The problem with lower priced tablets is that they really don't have any "horsepower" to do computing.  The Ipad has limited functionality, but it doesn't support Flash.  If you really want to use Quickbooks, I would call them to see if they have used any tablets with success.  If not, then you might consider a "netbook" type device, which is a small laptop with small screen.  While it also has a tiny processor, it does have limited functionality.  Again, the Quickbooks people should be able to help you in this regard.  

These tablets in general are more for reading, displaying photos, playing games and activities that are elementary.  I can't imagine typing in a lot of data into Quickbooks on a tablet screen.  It would drive me crazy..I'd much rather use a traditional keyboard.  Its something to consider.


----------



## Ruby pen turning

I have thought about getting an I pad but at 6-7oo bucks for a large cell phone with no ability to talk, I said no to myself :O) I do love my I phone when it gets reception ATT bad choice. If she is using it for reading and not as a computer? look at the Kindle it does a lot of stuff and has wifi.


----------



## ragz

tablets like the Ipad, etc aren't intended to run full blown applications like Quickbooks or Quicken. They are intended to be entertainment devices for reading, internet browsing, movies, etc. If you want something that can run quicken and such take a look at an Asus Transformer Prime. 
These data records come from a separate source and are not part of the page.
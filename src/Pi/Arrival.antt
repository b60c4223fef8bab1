-- ===== src/Pi/Arrival.antt =====
-- A command of the Raspberry Pi's program (`sendCommand` of RPi/usart.cpp), from the character to the handler of
-- a thread that reads the other end of the link with the same framing.
mod Tests
use cg2111a_b.Base.{
  ℕ, ◌≡◌, refl, sym, ap, ◌∙◌, arith, List, [], ◌∷◌, ◌++◌, Option, some, none, append-nil,
}
use cg2111a_b.Base.Int.{pos, ◌≤ℤ◌}
use cg2111a_b.Packet.{Packet, packet_bytes, as_packet}
use cg2111a_b.Packet.Layout.{as_packet-packet_bytes, length-packet_bytes}
use cg2111a_b.Serialize.{Result}
use cg2111a_b.Serialize.Pending.{pending}
use cg2111a_b.Serialize.Roundtrip.{frame}
use cg2111a_b.Link.{Read, Thread, receive}
use cg2111a_b.Link.Stream.{all_bytes, Fits}
use cg2111a_b.Link.Turns.{IsRunning}
use cg2111a_b.Link.Delivery.{receive-stream}
use cg2111a_b.Pi.{Pi, World, CommandType, command_code}
use cg2111a_b.Pi.Send.{send_command}
use cg2111a_b.Pi.Table.{requested, kind_of_mode}
use cg2111a_b.Pi.Params.{IsStack, written}
use cg2111a_b.Pi.Requests.{Sends, Effect, send_command-Effect}

module _ {ℓ} {S : Type ℓ} (handle : Packet → S → S) (handle_error : Result → S → S) where
  -- The handler of the thread casts the bytes to a packet.
  abbrev pub cast : List ℕ → S → S
  cast bytes s = handle (as_packet bytes) s

  -- What the handler was given, and that nothing is left over.
  pub record Arrives (kind : ℕ) (code : CommandType) (t : Thread cast handle_error) (rs : List Read)
      : Type ℓ where
    pub packet : Packet
    pub after : Thread cast handle_error
    pub run : receive cast handle_error t rs ≡ some after
    pub kind_ok : packet.packet_type ≡ kind
    pub command_ok : packet.command ≡ command_code code
    pub seen : after.state ≡ handle packet t.state
    pub empty : pending after.receiver ≡ []

  module _ (w : World) (stacks : (s : Pi w.Float) → IsStack (w.stack s)) where
    open w use {Float}

    sent-Arrives :
        (code : CommandType) (s s' : Pi Float) (bytes : List ℕ) (t : Thread cast handle_error)
        (rs : List Read)
        → Sends s.keyboard_mode code s s'
        → written s'.calls ≡ bytes ∷ written s.calls
        → IsRunning cast handle_error t
        → pending t.receiver ≡ []
        → Fits rs
        → all_bytes rs ≡ bytes
        → Arrives (kind_of_mode s.keyboard_mode) code t rs
    sent-Arrives code s s' bytes t rs sends new running none_left fits cut =
        let structure = packet_bytes sends.packet in
        let wire : bytes ∷ written s.calls ≡ frame sends.slot structure ∷ written s.calls =
          sym new ∙ sends.wire in
        let same : bytes ≡ frame sends.slot structure = cc in
        let (after, run, state, empty) =
          receive-stream cast handle_error t rs
            (record { slot = sends.slot; structure = structure } ∷ []) running
            ((sends.slot_shape, length-packet_bytes sends.packet sends.packet_shape), tt) fits
            (ap (λ q. q ++ all_bytes rs) none_left ∙ cut ∙ same ∙ sym (append-nil _)) in
        record {
          packet = sends.packet;
          after = after;
          run = run;
          kind_ok = sends.kind;
          command_ok = sends.command;
          seen =
              state
              ∙ ap (λ p. handle p t.state) (as_packet-packet_bytes sends.packet sends.packet_shape);
          empty = empty;
        }

    -- A character that asks for a command, typed with the port open: however the bytes that it put
    -- on the wire are cut by the reads of a thread at the other end, that thread's handler is
    -- given one packet, of the type of the mode and with the command of the character, no error
    -- is reported, and no byte is left over.
    pub send_command-Arrives :
        (c : ℕ) (code : CommandType) (s s' : Pi Float) (bytes : List ℕ)
        (t : Thread cast handle_error) (rs : List Read)
        → requested c ≡ some code
        → pos 0 ≤ℤ s.fd
        → send_command w c s ≡ some s'
        → written s'.calls ≡ bytes ∷ written s.calls
        → IsRunning cast handle_error t
        → pending t.receiver ≡ []
        → Fits rs
        → all_bytes rs ≡ bytes
        → Arrives (kind_of_mode s.keyboard_mode) code t rs
    send_command-Arrives c code s s' bytes t rs asks port run new running none_left fits cut =
        let (s1, run1, effect, _) = send_command-Effect w stacks c s port in
        let same : s1 ≡ s' = cc in
        let effect' : Effect (some code) s.keyboard_mode s s1 = rw asks at effect in
        sent-Arrives code s s1 bytes t rs effect' (rw same new) running none_left fits cut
Despite the name it's a tablet that does dock to a full size keyboard and may be compatible with Quicken. It's has the latest Android OS and is upgradeable to 4.0.

If you want a tablet to do tablet type things then look at the Nook Tablet. Fastest processor, android, half the cost of the other tablets and brick and mortar tech support if needed, along with lots of open source advances from community users.


----------



## txgators

I have a Motorola Xoom that I absolutely love, but looking this up, it does not look like you can install quickbooks on tablets.  Here's some info from Intuit Community:

http://community.intuit.com/posts/quickbooks-on-motorola-xoom
"No you can't install QuickBooks on the Xoom or other tablets.  Here's a  blog post I wrote about how to access Quickbooks with an iPad -- it  would apply to the Xoom as well. http://longforsuccess.com/; However I don't know if QuickBooks Connect or QB Online is available for Xoom or not."


----------



## PenMan1

Why not run one of the free "gotomypc" type apps that will let you use QuickBooks Pro from you home computer?


----------



## Justturnin

I have a Toshiba Thrive and LOVE IT!!!! It is thicker than other tabs but I prefer that.
Pros:
The back is textured and not smooth like the other tab making it easier to hold. It is also replaceable unlike other.
HDMI Port so I can connect my Tablet to my TV and watch moving online. I can sync a Bluetooth Keyboard and Mouse and use the TV as a monitor.
USB Port so I can plug a USB flash drive or even an External Hard Drive to it
SD Card Slot so for $15 I took my 8GB Tablet to 16GB and I can buy as many cards as I want to continue to Expand

No Other Tablets I have seen offer these ports or type of Expansion. If you buy an 8GB that is what you have.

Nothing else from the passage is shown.